Bereits im Jahr 2003 versuchte die damalige rot-grüne Landesregierung, die Zuschüsse bei den Studentenwerken drastisch zu reduzieren und sich mittelfristig ganz aus der Förderung zurückzuziehen. Damals konnten jedoch massive Proteste der Studierendenschaften die Pläne der Regierung verhindern: Gemeinsam mit dem damals parteiunabhängigen AStA organisierte das AKAFÖ die öffentlichkeitswirksame Kampagne "Weniger kostet mehr", die einigen vielleicht noch durch den in der Mensa servierten "Einheitsbrei" in Erinnerung ist. Nach den gewonnen Landtagswahlen hat uns nun die neue Landesregierung den noch vor knapp drei Jahren verhinderten sozialen Kahlschlag beschert.

Im Land

Einige Studentenwerke haben bereits reagiert und die Sozialbeiträge entsprechend den erwarteten Kürzungen angehoben. In Bonn steigt der Sozialbeitrag ab kommendem Winter um 7, in Dortmund und Essen bereits schon ab dem Sommersemester um 8 bzw. 9 Euro. Andere Studentenwerke planen Erhöhungen von bis zu 12 Euro pro Semester. Neben den Sozialbeitragserhöhungen kommt an vielen Standorten eine Erhöhung der Wohnheim-Miete und der Mensapreise auf die Studierenden zu. Auch über die Schließung von Einrichtungen wird laut und offen diskutiert.

In Bochum

Auch das AKAFÖ will Sozialbeitragserhöhungen nicht ausschließen: "Wir müssen alle Möglichkeiten überprüfen, wie wir mit den Kürzungen umgehen", sagt der Verwaltungsratsvorsitzende René Voss. Der Sozialbeitrag in Bochum liegt allerdings schon an der Landesspitze.

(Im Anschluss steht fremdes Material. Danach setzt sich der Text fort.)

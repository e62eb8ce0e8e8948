-- ===== src/Threads/Types.antt =====
-- The state of the thread system: src/threads/thread.h, src/threads/synch.h and the static
-- variables of src/threads/thread.c and src/devices/timer.c. Pointers are addresses: a
-- `struct thread *` finds its thread in `thread`, a `struct lock *` in `lock`, a
-- `struct semaphore *` in `sema`, and a `struct list *` of threads in `lists`.
use qba.Prelude.{ℕ, Bool, true, false, Option, none, some, List, [], ◌∷◌, update}

pub data Status : Type 0 where
  running : Status
  ready : Status
  blocked : Status
  dying : Status
  zombie : Status

-- Where a thread goes on when it is scheduled again: the part of its kernel stack that matters.
pub data Frame : Type 0 where
  done : Frame
  sema_downing : (sema : ℕ) → Frame
  lock_acquiring : (lock : ℕ) → Frame
  lock_releasing : (lock : ℕ) → Frame
  cond_released : (cond lock : ℕ) → Frame
  cond_woken : (lock : ℕ) → Frame

-- `struct thread`, without its name, stack, magic number and process.
pub record Thread : Type 0 where
  pub tid : ℕ
  pub status : Status
  pub wake_up : ℕ
  pub donated_for : Option ℕ
  pub lock_queue : List ℕ
  pub b_pri : ℕ
  pub e_pri : ℕ
  pub queue : Option ℕ
  pub frame : Frame

-- `struct semaphore`: `waiters` is the address of the list.
pub record Semaphore : Type 0 where
  pub value : ℕ
  pub waiters : ℕ

-- `struct lock`: `state` is the bit pattern of an `int8_t`, and `semaphore` an address.
pub record Lock : Type 0 where
  pub holder : Option ℕ
  pub state : ℕ
  pub semaphore : ℕ
  pub pri : ℕ

pub data Policy : Type 0 where
  sched_fifo : Policy
  sched_prio : Policy
  sched_fair : Policy
  sched_mlfqs : Policy

-- The addresses of the locks are below `lock_cnt`, which is not in the source: it gives a loop over
-- locks its fuel.
pub record Kernel : Type 0 where
  pub thread : ℕ → Thread
  pub lock : ℕ → Lock
  pub lock_cnt : ℕ
  pub sema : ℕ → Semaphore
  pub lists : ℕ → List ℕ
  pub all_list : List ℕ
  pub current : ℕ
  pub idle_thread : ℕ
  pub initial_thread : ℕ
  pub policy : Policy
  pub in_intr : Bool
  pub yield_on_return : Bool
  pub thread_ticks : ℕ
  pub ticks : ℕ
  pub freed : List ℕ

-- The addresses of the two static lists of threads.
abbrev pub ready_list : ℕ
ready_list = 0

abbrev pub timer_sleep_list : ℕ
timer_sleep_list = 1

-- Writes through pointers.
abbrev pub set_thread : Kernel → ℕ → Thread → Kernel
set_thread k t v = record k { thread = update k.thread t v }

abbrev pub set_lock : Kernel → ℕ → Lock → Kernel
set_lock k l v = record k { lock = update k.lock l v }

abbrev pub set_sema : Kernel → ℕ → Semaphore → Kernel
set_sema k s v = record k { sema = update k.sema s v }

abbrev pub set_list : Kernel → ℕ → List ℕ → Kernel
set_list k q v = record k { lists = update k.lists q v }

abbrev pub set_status : Kernel → ℕ → Status → Kernel
set_status k t s = set_thread k t (record (k.thread t) { status = s })

abbrev pub set_queue : Kernel → ℕ → Option ℕ → Kernel
set_queue k t q = set_thread k t (record (k.thread t) { queue = q })

abbrev pub set_frame : Kernel → ℕ → Frame → Kernel
set_frame k t f = set_thread k t (record (k.thread t) { frame = f })

abbrev pub set_e_pri : Kernel → ℕ → ℕ → Kernel
set_e_pri k t p = set_thread k t (record (k.thread t) { e_pri = p })

abbrev pub set_lock_queue : Kernel → ℕ → List ℕ → Kernel
set_lock_queue k t q = set_thread k t (record (k.thread t) { lock_queue = q })

abbrev pub is_blocked : Status → Bool
is_blocked blocked = true
is_blocked _ = false

abbrev pub is_running : Status → Bool
is_running running = true
is_running _ = false

abbrev pub is_dying : Status → Bool
is_dying dying = true
is_dying _ = false

abbrev pub is_none {ℓ} : {A : Type ℓ} → Option A → Bool
is_none none = true
is_none (some a) = false

abbrev pub is_empty {ℓ} : {A : Type ℓ} → List A → Bool
is_empty [] = true
is_empty (x ∷ xs) = false
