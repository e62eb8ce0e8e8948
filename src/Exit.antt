-- ===== src/Exit.antt =====
-- How the threads of a process leave it: src/userprog/process_exit.c, `pthread_join` of
-- userthread_join.c, and the two ends of `syscall_handler` (syscall.c). What a thread does with
-- interrupts off is one step here, a function of its own where a C function turns them on in between.
-- A step that gives up the processor ends there, with the status that the thread then has; the ready
-- list, and the user stack that `pthread_exit` unmaps, are left out.
pub mod Kernel
pub mod Hang
pub mod Normal
pub mod Join
mod Tests
use qba.Prelude.{
  ℕ, zero, suc, ◌+◌, ◌-◌, ◌%◌, Bool, true, false, not, ◌&&◌, ◌||◌, Option, none, some, List, [],
  ◌∷◌, ltb, ◌==◌, if◌then◌else◌, update,
}
pub use qba.Prelude.{minus_one}
use qba.Prelude.Outcome.{Outcome, ok, panic, undefined, ◌>>=◌, ◌>>◌, assert}
use qba.Bitmap.{Bitmap, bitmap_set}
use qba.Threads.Order.{remove}
use qba.Threads.Types.{Status, ready, blocked, dying, zombie, is_blocked, is_dying}

-- `enum exiting_status`
pub data Exiting : Type 0 where
  exiting_none : Exiting
  exiting_main : Exiting
  exiting_normal : Exiting
  exiting_exception : Exiting

-- The fields of `struct thread` that processes use.
pub record UserThread : Type 0 where
  pub tid : ℕ
  pub status : Status
  pub in_handler : Bool
  pub joined_by : Option ℕ
  pub stack_no : ℕ

-- The fields of `struct process` on its threads, and the threads that addresses point to.
-- `thread_exiting` and `joined_by` are `none` for the null pointer, and the counters are `uint32_t`.
pub record Proc : Type 0 where
  pub exiting : Exiting
  pub exit_code : ℕ
  pub thread_exiting : Option ℕ
  pub main_thread : ℕ
  pub in_kernel_threads : ℕ
  pub active_threads : ℕ
  pub threads : List ℕ
  pub stacks : Bitmap
  pub thread : ℕ → UserThread

-- `++` and `--` on a `uint32_t`.
abbrev pub inc : ℕ → ℕ
inc n = (n + 1) % 4294967296

abbrev pub dec : ℕ → ℕ
dec n = (n + 4294967295) % 4294967296

abbrev pub set_thread : Proc → ℕ → UserThread → Proc
set_thread p t v = record p { thread = update p.thread t v }

abbrev pub set_status : Proc → ℕ → Status → Proc
set_status p t s = set_thread p t (record (p.thread t) { status = s })

-- `thread_unblock` on the status.
unfoldable pub unblock : ℕ → Proc → Outcome Proc
unblock t p = assert (is_blocked (p.thread t).status) >> ok (set_status p t ready)

abbrev pub unblock_pointer : Option ℕ → Proc → Outcome Proc
unblock_pointer none p = undefined
unblock_pointer (some t) p = unblock t p

abbrev pub unblock_joiner : Option ℕ → Proc → Outcome Proc
unblock_joiner none p = ok p
unblock_joiner (some joiner) p = unblock joiner p

unfoldable pub wake_up_joiner : ℕ → Proc → Outcome Proc
unfolding unblock
wake_up_joiner t p = unblock_joiner (p.thread t).joined_by p

unfoldable pub set_exit_code : Proc → ℕ → Proc
set_exit_code p exit_code =
    if (p.exit_code == 0) || not (exit_code == minus_one)
    then record p { exit_code = exit_code }
    else p

-- `syscall_handler` on the way in.
unfoldable pub enter_kernel : ℕ → Proc → Proc
enter_kernel t p = record p {
  in_kernel_threads = inc p.in_kernel_threads;
  thread = update p.thread t (record (p.thread t) { in_handler = true });
}

-- How `exit_if_exiting` goes on once interrupts are on again: by `thread_exit`, where it first frees
-- the PCB or not, by `pthread_exit`, or back to user code.
pub data Leave : Type 0 where
  thread_exits : (free_pcb : Bool) → Leave
  pthread_exits : Leave
  goes_on : Leave

-- Its part with interrupts off.
abbrev pub leave_none : Bool → Leave
leave_none is_pthread_exit = if is_pthread_exit then pthread_exits else goes_on

abbrev pub leave_by : Exiting → Bool → Proc → Outcome (Leave × Proc)
leave_by exiting_none is_pthread_exit p = ok (leave_none is_pthread_exit, p)
leave_by exiting_main is_pthread_exit p =
    let last = is_pthread_exit && (p.active_threads == 2) in
    let wakes = (do q ← unblock p.main_thread p; ok (leave_none is_pthread_exit, q)) in
    if last then wakes else ok (leave_none is_pthread_exit, p)
leave_by exiting_normal is_pthread_exit p =
    let wakes = (do q ← unblock_pointer p.thread_exiting p; ok (pthread_exits, q)) in
    if p.in_kernel_threads == 1 then wakes else ok (pthread_exits, p)
leave_by exiting_exception is_pthread_exit p = ok (thread_exits (p.in_kernel_threads == 0), p)

unfoldable pub exit_if_exiting : ℕ → Bool → Proc → Outcome (Leave × Proc)
unfolding unblock
exit_if_exiting t is_pthread_exit p = leave_by p.exiting is_pthread_exit (record p {
  in_kernel_threads = dec p.in_kernel_threads;
  thread = update p.thread t (record (p.thread t) { in_handler = false });
})

-- `pthread_exit`
unfoldable pub pthread_exit : ℕ → Proc → Outcome Proc
unfolding wake_up_joiner bitmap_set
pthread_exit t p = do
  p₁ ← wake_up_joiner t p
  stacks ← bitmap_set p₁.stacks (p₁.thread t).stack_no false
  ok (set_status (record p₁ { stacks = stacks; active_threads = dec p₁.active_threads }) t zombie)

-- What `exit_if_exiting` does once interrupts are on again; a thread that dies is freed later.
abbrev pub leave_as : ℕ → Leave × Proc → Outcome Proc
leave_as t (thread_exits free_pcb, p) = ok (set_status p t dying)
leave_as t (pthread_exits, p) = pthread_exit t p
leave_as t (goes_on, p) = ok p

-- The end of `syscall_handler`: `exit_if_exiting (pcb, false)` as a whole.
unfoldable pub leave_kernel : ℕ → Proc → Outcome Proc
unfolding exit_if_exiting pthread_exit
leave_kernel t p = exit_if_exiting t false p >>= leave_as t

-- One test of the loop of `pthread_exit_main`: the thread blocks, or goes on (true).
unfoldable pub main_waits : ℕ → Proc → Bool × Proc
main_waits t p = if ltb 1 p.active_threads then (false, set_status p t blocked) else (true, p)

abbrev is_exiting_none : Exiting → Bool
is_exiting_none exiting_none = true
is_exiting_none exiting_main = false
is_exiting_none exiting_normal = false
is_exiting_none exiting_exception = false

-- What `pthread_exit_main` and `process_exit_normal` do first. A thread that comes second leaves by
-- `exit_if_exiting (pcb, true)`.
pub data Enter : Type 0 where
  second : Enter
  waits : Enter
  proceeds : Enter

abbrev entered : Bool × Proc → Enter × Proc
entered (false, p) = (waits, p)
entered (true, p) = (proceeds, p)

unfoldable pub pthread_exit_main : ℕ → Proc → Outcome (Enter × Proc)
unfolding wake_up_joiner set_exit_code main_waits
pthread_exit_main t p = do
  assert (t == p.main_thread)
  let p₁ = set_exit_code p 0
  let begins = (do
    p₂ ← wake_up_joiner t (record p₁ { exiting = exiting_main; thread_exiting = some t })
    ok (entered (main_waits t p₂)))
  if is_exiting_none p₁.exiting then begins else ok (second, p₁)

-- `exit_helper` for a thread that is not in front of the list (`flag` is false) or is put there.
unfoldable pub exit_helper : ℕ → Bool → Proc → Proc
exit_helper t flag p =
    set_status (if flag then record p { threads = t ∷ p.threads } else p) t zombie

abbrev pub normal_by : Exiting → ℕ → Proc → Outcome (Enter × Proc)
normal_by exiting_none t p =
    ok (proceeds, record p { exiting = exiting_normal; thread_exiting = some t })
normal_by exiting_main t p =
    assert (not (t == p.main_thread))
    >> ok (
      proceeds,
      record (exit_helper p.main_thread false p) { in_kernel_threads = dec p.in_kernel_threads },
    )
normal_by exiting_normal t p = ok (second, p)
normal_by exiting_exception t p = ok (second, p)

-- `process_exit_normal` to its first `intr_set_level`, for a thread with a process.
unfoldable pub process_exit_normal : ℕ → ℕ → Proc → Outcome (Enter × Proc)
unfolding wake_up_joiner set_exit_code exit_helper
process_exit_normal t exit_code p = do
  p₁ ← wake_up_joiner t p
  normal_by (set_exit_code p₁ exit_code).exiting t (set_exit_code p₁ exit_code)

-- The first pass: a thread that is not in the kernel becomes a zombie, and its joiner is woken.
unfoldable pub first_pass : List ℕ → Proc → Outcome Proc
unfolding wake_up_joiner
first_pass [] p = ok p
first_pass (pos ∷ rest) p =
    let zombied = wake_up_joiner pos (set_status p pos zombie) >>= first_pass rest in
    let later = first_pass rest p in if (p.thread pos).in_handler then later else zombied

unfoldable pub mark_zombies : ℕ → Proc → Outcome Proc
unfolding first_pass
mark_zombies t p =
    let threads = remove t p.threads in first_pass threads (record p { threads = threads })

-- After the pass the thread blocks unless it is the only one in the kernel (true).
unfoldable pub wait_for_kernel : ℕ → Proc → Bool × Proc
wait_for_kernel t p =
    if ltb 1 p.in_kernel_threads then (false, set_status p t blocked) else (true, p)

-- The second pass frees the threads that are left.
unfoldable pub second_pass : Proc → Outcome Proc
second_pass p = assert (p.in_kernel_threads == 1) >> ok (record p { threads = [] })

-- The end of `process_exit_tail`: whether it frees the PCB.
unfoldable pub drop_pcb : Proc → Bool × Proc
drop_pcb p =
    if p.in_kernel_threads == 1
    then (true, p)
    else (false, record p { in_kernel_threads = dec p.in_kernel_threads })

-- The loop of `process_exit_exception`, which frees every thread.
unfoldable pub clean_each : List ℕ → Proc → Proc
clean_each [] p = record p { threads = [] }
clean_each (pos ∷ rest) p =
    let handled = record p { in_kernel_threads = dec p.in_kernel_threads } in
    if (p.thread pos).in_handler then clean_each rest handled else clean_each rest p

abbrev pub exception_by : Exiting → Proc → Outcome Proc
exception_by exiting_none p = ok p
exception_by exiting_main p = ok (exit_helper p.main_thread false p)
exception_by exiting_normal p = requeued p.thread_exiting
  where
    requeued : Option ℕ → Outcome Proc
    requeued none = undefined
    requeued (some t) = ok (exit_helper t true p)
exception_by exiting_exception p = ok p

unfoldable pub process_exit_exception : ℕ → ℕ → Proc → Outcome Proc
unfolding set_exit_code exit_helper clean_each
process_exit_exception t exit_code p = do
  assert (exit_code == minus_one)
  let p₁ = set_exit_code (record p { exiting = exiting_exception }) exit_code
  p₂ ← exception_by p₁.exiting p₁
  ok (clean_each (remove t p₂.threads) p₂)

-- What the search of `pthread_join` finds: the thread, whether it is the main thread, and whether to
-- wait for it.
pub record Found : Type 0 where
  pub pos : ℕ
  pub is_main : Bool
  pub block_wait : Bool

abbrev is_zombie : Status → Bool
is_zombie zombie = true
is_zombie _ = false

abbrev is_unjoined : Option ℕ → Bool
is_unjoined none = true
is_unjoined (some t) = false

unfoldable pub join_search : ℕ → List ℕ → Proc → Option Found
join_search tid [] p = none
join_search tid (pos ∷ rest) p =
    let status = (p.thread pos).status in
    let found = some (record {
      pos = pos;
      is_main = pos == p.main_thread;
      block_wait = not (is_zombie status || is_dying status);
    }) in
    if (p.thread pos).tid == tid
    then (if is_unjoined (p.thread pos).joined_by then found else none)
    else join_search tid rest p

abbrev pub points_to : Option ℕ → ℕ → Bool
points_to none t = false
points_to (some s) t = s == t

abbrev is_exiting_main : Exiting → Bool
is_exiting_main exiting_none = false
is_exiting_main exiting_main = true
is_exiting_main exiting_normal = false
is_exiting_main exiting_exception = false

-- The wait: `none` is `TID_ERROR`; otherwise whether the thread blocks.
unfoldable pub join_wait : ℕ → Found → Proc → Option (Bool × Proc)
join_wait t f p =
    let joined = set_thread p f.pos (record (p.thread f.pos) { joined_by = some t }) in
    let waits = f.block_wait && (not (is_exiting_main p.exiting) || not f.is_main) in
    if (t == f.pos) || points_to (p.thread t).joined_by f.pos
    then none
    else if waits
    then some (true, set_status joined t blocked)
    else some (false, joined)

-- After the wait: the result, and the thread leaves the list and is freed unless it is the main one.
unfoldable pub join_take : Found → Proc → Outcome (ℕ × Proc)
join_take f p =
    let taken =
      assert (is_zombie (p.thread f.pos).status)
      >> ok ((p.thread f.pos).tid, record p { threads = remove f.pos p.threads }) in
    if f.is_main then ok ((p.thread f.pos).tid, p) else taken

Sollten die schwarz-gelben Kahlschlag-Pläne nicht verhindert werden, stehen auch die studentischen VertreterInnen im AKAFÖ vor der Wahl zwischen Pest und Cholera: Entweder werden insbesondere Studierende mit geringem Einkommen besonders hart belastet, indem die Preise für Essen und Wohnung steigen, oder das AKAFÖ verteuert die Sozialbeiträge. Nach den Kürzungen der Landesregierung müsste man dann - wie man bei den Wohnnebenkosten von der "zweiten Miete" spricht - beim erhöhten Sozialbeitrag von den "zweiten Studiengebüren" sprechen. Aus AKAFÖ-Kreisen ist indes zu hören: Das Studierendenwerk in Bochum wird nach mehreren erfolgreichen Jahren in diesem Jahr durch die Kürzungen erstmals wieder tiefrote Zahlen schreiben, selbst wenn Leistungen gekürzt und die Beitrage erhöht werden.

Quo vadis: KiTa?

Neben den Kürzungen im allgemeinen Zuschuss stehen den Studierendenwerken weitere Einnahmeausfälle ins Haus. Das AKAFÖ betreibt eine Kindertagesstätte mit 99 Plätzen. Die Kosten werden zu 93 Prozent durch die Kommune getragen. Die verbleibenden 7 Prozent schießt die Stadt Bochum bislang als freiwillige Beihilfe hinzu. Diesen landesweiten Zuschuss in Höhe von 116 Millionen Euro wird es aber nach den Einsparungen bei den Kindertagesstätten wohl nicht mehr geben, so dass dem Studentenwerk noch einmal Mehrkosten von über 100.000 Euro entstehen können.

Genug ist genug!

Ob die geplante Kürzung um 20 Prozent nur ein Anfang sein soll, lässt die Landesregierung offen. Für die Linke Liste ist klar, dass Sachzwänge nicht zu sozialem Kahlschlag führen dürfen. Deshab müssen die Studierendenvertretungen noch alles daran setzen, die Kürzungen zu verhindern. Unabhängig davon, ob die Bemühungen von Erfolg gekrönt sein werden: Die NRW-ASten dürfen nicht schweigen, wenn Rüttgers und Konsorten an dem Ast sägen, auf denen der Studienerfolg von Studierenden mit geringerem Einkommen beruht.